> _YOUR OBJECTIVE_:
Scan the records below. Copy every line in which the word "timezone" appears.

:::::

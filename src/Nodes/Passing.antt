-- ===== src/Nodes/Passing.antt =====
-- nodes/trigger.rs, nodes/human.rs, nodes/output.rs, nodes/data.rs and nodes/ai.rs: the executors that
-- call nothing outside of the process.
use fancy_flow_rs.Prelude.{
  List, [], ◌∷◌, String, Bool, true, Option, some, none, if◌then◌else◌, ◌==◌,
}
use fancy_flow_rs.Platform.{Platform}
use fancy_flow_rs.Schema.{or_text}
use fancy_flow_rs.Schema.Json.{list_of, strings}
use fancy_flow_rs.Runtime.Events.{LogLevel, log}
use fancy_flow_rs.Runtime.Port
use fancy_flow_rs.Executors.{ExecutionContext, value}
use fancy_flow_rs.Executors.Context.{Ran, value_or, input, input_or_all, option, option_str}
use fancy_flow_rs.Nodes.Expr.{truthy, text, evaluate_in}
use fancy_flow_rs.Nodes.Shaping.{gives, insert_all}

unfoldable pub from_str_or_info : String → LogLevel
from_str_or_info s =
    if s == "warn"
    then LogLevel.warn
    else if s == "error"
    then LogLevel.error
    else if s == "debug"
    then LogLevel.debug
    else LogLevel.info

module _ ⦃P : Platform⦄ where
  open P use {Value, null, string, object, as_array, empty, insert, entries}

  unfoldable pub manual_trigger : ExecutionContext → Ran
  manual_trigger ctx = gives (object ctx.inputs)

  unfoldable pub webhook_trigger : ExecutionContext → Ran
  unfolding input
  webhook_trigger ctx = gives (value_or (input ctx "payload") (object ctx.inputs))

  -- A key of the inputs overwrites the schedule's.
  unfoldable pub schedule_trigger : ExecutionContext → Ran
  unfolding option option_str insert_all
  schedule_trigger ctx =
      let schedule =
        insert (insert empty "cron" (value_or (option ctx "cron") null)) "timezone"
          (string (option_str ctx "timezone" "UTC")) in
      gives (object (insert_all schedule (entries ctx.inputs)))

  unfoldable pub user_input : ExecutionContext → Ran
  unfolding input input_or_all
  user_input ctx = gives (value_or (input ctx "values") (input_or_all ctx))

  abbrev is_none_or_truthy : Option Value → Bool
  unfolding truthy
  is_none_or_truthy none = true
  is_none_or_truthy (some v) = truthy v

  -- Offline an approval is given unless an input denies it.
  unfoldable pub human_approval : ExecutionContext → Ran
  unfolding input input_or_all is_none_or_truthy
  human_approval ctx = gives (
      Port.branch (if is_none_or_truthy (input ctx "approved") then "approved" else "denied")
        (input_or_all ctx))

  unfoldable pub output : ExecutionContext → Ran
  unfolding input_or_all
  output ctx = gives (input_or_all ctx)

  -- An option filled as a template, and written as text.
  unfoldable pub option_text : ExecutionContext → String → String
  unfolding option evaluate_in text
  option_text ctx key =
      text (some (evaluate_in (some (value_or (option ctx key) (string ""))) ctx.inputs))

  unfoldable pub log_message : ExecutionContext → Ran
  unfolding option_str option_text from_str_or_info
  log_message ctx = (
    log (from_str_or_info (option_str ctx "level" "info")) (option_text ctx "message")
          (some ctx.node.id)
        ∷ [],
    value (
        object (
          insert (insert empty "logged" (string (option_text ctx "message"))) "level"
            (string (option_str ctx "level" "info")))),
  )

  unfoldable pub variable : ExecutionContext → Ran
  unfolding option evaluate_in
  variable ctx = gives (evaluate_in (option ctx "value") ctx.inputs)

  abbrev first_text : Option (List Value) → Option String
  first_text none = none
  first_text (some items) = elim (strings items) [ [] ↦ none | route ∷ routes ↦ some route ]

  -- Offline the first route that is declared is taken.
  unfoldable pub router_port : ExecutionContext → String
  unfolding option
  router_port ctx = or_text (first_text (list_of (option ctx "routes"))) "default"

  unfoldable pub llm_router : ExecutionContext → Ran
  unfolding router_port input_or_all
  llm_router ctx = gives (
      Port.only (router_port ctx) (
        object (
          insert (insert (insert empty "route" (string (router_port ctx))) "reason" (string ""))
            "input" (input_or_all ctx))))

:::::

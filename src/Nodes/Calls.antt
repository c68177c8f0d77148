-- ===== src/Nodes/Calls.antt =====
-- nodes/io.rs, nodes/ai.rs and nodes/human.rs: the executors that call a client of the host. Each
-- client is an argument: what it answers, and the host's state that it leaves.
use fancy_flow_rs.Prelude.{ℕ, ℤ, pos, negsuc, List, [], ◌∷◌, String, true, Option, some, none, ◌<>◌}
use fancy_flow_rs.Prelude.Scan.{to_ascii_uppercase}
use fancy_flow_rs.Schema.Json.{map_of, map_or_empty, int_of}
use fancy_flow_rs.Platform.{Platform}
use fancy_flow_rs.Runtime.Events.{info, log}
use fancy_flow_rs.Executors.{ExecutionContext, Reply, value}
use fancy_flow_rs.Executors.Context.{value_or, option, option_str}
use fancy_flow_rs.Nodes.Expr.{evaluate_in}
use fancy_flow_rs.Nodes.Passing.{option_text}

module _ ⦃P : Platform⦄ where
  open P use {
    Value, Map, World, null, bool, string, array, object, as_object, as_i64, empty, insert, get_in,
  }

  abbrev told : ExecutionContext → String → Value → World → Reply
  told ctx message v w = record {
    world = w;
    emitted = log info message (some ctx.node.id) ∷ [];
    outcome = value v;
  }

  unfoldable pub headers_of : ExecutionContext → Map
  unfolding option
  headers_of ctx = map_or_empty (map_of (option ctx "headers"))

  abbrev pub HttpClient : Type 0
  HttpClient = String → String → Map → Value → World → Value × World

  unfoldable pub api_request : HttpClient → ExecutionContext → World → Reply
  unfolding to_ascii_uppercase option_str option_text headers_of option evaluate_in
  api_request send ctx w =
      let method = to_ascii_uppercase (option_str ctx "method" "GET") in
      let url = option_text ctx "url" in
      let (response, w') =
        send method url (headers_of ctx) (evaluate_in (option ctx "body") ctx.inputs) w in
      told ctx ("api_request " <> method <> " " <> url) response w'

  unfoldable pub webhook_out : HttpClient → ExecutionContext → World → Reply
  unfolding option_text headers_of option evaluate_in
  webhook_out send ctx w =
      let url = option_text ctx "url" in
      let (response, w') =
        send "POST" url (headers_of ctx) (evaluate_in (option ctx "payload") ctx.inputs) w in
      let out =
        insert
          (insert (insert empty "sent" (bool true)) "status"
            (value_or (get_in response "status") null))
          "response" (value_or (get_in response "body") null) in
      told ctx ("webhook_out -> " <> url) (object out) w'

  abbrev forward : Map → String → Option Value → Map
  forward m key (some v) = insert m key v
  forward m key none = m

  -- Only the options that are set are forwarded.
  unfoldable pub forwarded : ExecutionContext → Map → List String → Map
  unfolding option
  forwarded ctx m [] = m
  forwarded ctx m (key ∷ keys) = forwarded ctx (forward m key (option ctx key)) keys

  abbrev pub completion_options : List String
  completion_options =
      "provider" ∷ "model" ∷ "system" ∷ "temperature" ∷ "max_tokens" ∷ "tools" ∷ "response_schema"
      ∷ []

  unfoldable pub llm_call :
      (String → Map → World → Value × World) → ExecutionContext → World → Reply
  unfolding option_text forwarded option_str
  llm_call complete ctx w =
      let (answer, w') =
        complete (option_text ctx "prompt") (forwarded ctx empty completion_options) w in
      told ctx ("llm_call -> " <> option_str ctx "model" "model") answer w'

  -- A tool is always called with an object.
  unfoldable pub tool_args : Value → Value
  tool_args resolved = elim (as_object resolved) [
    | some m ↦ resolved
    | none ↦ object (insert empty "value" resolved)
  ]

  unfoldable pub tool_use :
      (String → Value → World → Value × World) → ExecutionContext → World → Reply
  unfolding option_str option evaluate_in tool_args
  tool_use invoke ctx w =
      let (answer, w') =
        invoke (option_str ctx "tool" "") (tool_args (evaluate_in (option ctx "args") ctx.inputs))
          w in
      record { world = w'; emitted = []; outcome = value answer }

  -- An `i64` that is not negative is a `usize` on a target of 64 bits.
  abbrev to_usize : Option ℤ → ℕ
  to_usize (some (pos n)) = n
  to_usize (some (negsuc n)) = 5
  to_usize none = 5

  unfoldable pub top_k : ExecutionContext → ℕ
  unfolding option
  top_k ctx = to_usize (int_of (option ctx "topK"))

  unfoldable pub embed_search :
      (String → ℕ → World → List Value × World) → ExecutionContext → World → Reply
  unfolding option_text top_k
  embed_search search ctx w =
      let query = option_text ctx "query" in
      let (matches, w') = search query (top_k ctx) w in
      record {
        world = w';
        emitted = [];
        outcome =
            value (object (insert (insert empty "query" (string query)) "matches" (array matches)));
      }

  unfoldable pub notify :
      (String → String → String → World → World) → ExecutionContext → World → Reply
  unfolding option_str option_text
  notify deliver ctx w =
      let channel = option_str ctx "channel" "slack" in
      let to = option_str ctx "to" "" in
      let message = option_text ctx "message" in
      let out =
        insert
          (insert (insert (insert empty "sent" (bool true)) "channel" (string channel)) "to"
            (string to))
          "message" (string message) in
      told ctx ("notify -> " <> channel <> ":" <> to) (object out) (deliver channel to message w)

:::::

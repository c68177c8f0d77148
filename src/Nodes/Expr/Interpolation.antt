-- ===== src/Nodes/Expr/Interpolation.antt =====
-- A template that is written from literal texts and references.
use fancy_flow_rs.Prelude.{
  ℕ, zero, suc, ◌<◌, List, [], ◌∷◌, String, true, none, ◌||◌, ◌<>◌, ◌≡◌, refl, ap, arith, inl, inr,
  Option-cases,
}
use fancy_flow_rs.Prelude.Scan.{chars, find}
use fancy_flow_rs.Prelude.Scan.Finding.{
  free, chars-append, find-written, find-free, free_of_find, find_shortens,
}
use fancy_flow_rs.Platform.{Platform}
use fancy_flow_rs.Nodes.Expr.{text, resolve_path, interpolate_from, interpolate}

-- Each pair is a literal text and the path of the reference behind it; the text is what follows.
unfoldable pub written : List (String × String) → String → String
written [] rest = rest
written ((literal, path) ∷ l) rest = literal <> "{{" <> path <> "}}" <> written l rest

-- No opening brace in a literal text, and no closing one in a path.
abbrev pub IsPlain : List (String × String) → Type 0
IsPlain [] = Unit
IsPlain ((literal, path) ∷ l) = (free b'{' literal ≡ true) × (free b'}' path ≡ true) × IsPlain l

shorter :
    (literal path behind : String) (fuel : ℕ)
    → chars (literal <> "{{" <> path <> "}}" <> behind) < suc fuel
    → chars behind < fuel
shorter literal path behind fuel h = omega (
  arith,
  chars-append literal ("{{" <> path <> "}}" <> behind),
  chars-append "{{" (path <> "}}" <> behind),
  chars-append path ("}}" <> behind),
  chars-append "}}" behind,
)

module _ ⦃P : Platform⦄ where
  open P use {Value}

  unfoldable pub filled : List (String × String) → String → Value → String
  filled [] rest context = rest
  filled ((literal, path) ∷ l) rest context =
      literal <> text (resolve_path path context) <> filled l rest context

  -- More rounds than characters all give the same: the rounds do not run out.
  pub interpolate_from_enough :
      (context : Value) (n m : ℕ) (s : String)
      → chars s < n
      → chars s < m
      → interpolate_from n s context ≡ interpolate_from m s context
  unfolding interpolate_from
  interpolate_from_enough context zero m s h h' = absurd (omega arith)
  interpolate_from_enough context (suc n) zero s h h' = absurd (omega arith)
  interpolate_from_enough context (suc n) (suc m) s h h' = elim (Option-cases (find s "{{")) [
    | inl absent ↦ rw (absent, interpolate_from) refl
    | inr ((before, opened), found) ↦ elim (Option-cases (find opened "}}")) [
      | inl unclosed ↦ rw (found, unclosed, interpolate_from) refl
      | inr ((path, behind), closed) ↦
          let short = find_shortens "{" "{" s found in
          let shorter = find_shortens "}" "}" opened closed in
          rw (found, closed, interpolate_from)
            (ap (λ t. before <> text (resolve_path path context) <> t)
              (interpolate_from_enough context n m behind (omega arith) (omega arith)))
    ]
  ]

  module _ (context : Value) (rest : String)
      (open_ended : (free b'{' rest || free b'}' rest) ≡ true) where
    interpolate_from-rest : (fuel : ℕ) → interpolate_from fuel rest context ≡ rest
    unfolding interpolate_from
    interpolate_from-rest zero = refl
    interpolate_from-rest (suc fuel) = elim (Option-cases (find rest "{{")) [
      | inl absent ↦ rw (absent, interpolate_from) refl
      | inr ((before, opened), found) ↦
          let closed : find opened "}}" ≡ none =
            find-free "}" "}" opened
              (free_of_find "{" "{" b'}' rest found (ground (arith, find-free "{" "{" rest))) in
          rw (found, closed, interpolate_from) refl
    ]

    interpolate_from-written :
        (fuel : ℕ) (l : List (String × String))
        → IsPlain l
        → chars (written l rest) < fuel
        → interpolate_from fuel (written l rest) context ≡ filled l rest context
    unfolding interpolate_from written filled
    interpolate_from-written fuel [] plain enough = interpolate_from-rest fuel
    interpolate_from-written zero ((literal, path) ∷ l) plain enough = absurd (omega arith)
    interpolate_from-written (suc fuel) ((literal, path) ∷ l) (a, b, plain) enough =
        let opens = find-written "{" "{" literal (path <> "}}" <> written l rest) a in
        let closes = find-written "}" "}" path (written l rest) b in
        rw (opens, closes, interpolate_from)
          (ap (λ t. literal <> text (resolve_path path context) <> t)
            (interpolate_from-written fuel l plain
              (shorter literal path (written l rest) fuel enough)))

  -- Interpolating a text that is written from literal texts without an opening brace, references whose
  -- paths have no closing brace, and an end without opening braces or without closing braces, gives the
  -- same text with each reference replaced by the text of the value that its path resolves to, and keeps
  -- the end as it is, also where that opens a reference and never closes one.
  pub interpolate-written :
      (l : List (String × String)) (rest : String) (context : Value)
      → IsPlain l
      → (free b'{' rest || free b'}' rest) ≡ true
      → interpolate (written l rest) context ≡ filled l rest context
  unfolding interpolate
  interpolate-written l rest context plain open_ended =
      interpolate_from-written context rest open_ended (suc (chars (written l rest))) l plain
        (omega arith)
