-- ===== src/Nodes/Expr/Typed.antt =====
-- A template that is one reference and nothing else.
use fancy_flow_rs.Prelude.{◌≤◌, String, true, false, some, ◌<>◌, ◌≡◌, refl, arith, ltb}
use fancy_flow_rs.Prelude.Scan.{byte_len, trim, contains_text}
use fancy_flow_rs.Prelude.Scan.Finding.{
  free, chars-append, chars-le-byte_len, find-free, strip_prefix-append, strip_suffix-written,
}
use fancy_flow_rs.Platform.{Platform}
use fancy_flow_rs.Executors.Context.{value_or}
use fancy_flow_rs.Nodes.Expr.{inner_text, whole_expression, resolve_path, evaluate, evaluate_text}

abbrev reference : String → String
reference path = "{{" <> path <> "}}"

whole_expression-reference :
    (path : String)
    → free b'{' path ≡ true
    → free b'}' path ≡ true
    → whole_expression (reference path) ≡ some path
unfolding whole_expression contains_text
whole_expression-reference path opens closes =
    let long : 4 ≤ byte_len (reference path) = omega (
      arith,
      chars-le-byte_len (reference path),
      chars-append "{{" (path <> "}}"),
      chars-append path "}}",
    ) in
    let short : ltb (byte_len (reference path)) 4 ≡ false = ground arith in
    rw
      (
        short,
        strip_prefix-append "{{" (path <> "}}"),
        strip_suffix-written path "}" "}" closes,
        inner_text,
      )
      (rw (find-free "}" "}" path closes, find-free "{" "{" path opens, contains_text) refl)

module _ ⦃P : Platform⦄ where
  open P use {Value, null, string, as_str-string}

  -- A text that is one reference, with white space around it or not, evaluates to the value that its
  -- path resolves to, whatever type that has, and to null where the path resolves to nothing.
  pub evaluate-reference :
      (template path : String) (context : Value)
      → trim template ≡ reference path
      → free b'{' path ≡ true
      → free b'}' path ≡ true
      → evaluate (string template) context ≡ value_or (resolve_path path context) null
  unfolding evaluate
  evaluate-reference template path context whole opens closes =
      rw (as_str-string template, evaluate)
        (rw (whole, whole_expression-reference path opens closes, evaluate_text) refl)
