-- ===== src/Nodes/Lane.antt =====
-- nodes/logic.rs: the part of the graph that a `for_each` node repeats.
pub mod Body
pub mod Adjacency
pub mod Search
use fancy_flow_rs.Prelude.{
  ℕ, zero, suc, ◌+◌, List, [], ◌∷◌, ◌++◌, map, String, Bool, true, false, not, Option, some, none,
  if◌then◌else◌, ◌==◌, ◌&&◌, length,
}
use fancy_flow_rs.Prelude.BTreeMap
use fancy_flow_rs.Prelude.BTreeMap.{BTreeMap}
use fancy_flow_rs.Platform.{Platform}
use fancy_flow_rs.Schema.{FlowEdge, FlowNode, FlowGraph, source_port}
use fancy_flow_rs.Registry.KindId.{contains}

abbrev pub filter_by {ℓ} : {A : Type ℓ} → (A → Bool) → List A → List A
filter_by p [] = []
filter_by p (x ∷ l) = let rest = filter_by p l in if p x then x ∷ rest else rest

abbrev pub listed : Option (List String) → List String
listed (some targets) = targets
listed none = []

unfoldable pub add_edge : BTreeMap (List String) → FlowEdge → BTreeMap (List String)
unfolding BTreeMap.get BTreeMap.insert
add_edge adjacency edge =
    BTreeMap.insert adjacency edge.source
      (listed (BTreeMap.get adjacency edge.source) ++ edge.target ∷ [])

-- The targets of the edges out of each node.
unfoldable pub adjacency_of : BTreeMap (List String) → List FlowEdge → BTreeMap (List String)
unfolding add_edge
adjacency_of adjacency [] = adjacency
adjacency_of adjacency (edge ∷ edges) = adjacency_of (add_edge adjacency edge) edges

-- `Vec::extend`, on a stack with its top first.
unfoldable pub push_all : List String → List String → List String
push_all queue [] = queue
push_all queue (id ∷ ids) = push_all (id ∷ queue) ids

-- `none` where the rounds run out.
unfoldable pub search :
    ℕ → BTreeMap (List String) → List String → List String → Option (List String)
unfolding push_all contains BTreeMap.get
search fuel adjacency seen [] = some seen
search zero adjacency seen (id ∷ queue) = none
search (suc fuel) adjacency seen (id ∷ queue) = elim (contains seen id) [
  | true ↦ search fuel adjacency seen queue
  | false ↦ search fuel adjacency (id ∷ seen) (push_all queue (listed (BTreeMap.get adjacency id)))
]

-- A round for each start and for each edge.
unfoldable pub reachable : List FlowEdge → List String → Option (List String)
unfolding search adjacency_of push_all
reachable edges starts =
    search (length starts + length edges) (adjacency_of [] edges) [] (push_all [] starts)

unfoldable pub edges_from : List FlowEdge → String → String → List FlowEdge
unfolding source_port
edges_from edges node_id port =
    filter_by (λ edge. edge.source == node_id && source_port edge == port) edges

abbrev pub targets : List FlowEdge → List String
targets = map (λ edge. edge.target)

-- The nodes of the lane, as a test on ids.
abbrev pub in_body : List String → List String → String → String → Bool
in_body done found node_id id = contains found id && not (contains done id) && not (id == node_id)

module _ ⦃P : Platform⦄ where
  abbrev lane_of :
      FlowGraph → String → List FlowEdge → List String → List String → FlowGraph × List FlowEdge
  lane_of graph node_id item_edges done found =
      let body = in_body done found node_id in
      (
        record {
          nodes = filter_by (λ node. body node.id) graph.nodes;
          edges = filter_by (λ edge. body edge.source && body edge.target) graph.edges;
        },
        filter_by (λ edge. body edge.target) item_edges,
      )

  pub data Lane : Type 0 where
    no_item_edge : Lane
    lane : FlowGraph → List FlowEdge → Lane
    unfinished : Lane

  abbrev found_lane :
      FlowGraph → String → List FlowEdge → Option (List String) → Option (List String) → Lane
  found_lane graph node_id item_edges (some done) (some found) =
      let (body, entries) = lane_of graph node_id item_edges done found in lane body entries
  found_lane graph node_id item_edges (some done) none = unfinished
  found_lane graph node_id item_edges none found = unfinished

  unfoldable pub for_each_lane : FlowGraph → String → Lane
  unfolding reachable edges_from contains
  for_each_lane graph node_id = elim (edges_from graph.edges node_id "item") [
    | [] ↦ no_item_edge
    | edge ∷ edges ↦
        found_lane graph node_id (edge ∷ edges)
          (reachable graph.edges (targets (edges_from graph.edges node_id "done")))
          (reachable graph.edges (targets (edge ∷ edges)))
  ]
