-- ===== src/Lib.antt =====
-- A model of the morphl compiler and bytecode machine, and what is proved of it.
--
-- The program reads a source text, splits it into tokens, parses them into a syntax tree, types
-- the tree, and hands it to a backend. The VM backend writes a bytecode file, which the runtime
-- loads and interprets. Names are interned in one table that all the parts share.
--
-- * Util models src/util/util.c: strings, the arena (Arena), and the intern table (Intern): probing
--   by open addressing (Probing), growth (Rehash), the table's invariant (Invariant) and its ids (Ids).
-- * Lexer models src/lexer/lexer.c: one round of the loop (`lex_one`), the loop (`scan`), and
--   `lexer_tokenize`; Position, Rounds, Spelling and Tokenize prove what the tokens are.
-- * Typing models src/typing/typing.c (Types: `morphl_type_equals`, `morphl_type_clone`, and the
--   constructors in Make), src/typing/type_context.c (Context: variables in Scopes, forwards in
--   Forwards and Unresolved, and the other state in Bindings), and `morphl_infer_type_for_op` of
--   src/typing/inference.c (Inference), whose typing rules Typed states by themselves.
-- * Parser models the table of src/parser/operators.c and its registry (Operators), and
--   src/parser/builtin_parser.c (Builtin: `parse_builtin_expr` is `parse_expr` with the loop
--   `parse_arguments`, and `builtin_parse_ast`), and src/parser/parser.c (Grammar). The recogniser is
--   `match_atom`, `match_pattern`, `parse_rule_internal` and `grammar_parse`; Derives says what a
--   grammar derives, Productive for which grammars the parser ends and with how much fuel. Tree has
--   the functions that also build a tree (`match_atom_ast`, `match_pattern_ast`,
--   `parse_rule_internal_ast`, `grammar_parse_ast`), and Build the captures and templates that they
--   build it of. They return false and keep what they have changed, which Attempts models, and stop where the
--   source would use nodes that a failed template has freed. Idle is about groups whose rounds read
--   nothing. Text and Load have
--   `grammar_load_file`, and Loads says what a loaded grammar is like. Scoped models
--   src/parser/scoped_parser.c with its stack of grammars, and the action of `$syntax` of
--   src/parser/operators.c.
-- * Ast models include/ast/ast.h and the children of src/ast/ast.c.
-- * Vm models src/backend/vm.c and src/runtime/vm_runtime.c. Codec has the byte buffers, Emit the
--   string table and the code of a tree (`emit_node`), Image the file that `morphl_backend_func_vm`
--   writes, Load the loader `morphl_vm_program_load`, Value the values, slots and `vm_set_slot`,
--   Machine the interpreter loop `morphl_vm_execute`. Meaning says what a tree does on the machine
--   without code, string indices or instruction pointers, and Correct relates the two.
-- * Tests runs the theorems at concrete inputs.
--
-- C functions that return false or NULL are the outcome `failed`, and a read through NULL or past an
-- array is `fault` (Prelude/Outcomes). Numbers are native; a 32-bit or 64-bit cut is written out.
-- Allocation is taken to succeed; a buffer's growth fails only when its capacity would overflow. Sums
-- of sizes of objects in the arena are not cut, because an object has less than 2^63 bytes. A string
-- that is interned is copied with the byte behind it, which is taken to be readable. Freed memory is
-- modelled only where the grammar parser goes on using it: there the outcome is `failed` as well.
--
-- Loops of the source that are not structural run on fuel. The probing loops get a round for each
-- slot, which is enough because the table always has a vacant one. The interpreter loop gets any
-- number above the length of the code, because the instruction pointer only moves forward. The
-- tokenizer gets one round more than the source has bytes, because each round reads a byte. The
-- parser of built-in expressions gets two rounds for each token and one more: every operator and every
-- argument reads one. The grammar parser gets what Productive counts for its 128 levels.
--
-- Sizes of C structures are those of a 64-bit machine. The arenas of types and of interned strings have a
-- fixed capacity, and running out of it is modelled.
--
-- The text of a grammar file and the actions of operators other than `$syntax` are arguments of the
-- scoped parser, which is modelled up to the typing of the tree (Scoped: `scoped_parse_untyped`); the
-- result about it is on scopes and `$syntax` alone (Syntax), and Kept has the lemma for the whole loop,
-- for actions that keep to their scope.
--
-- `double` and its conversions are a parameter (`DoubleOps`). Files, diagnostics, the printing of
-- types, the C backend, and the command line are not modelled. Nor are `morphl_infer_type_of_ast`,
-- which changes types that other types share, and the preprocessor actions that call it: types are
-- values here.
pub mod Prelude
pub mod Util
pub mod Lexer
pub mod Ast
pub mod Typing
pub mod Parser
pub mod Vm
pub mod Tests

:::::

> _WRITTEN SOLUTION_:
        insert (insert empty "cron" (value_or (option ctx "cron") null)) "timezone"
          (string (option_str ctx "timezone" "UTC")) in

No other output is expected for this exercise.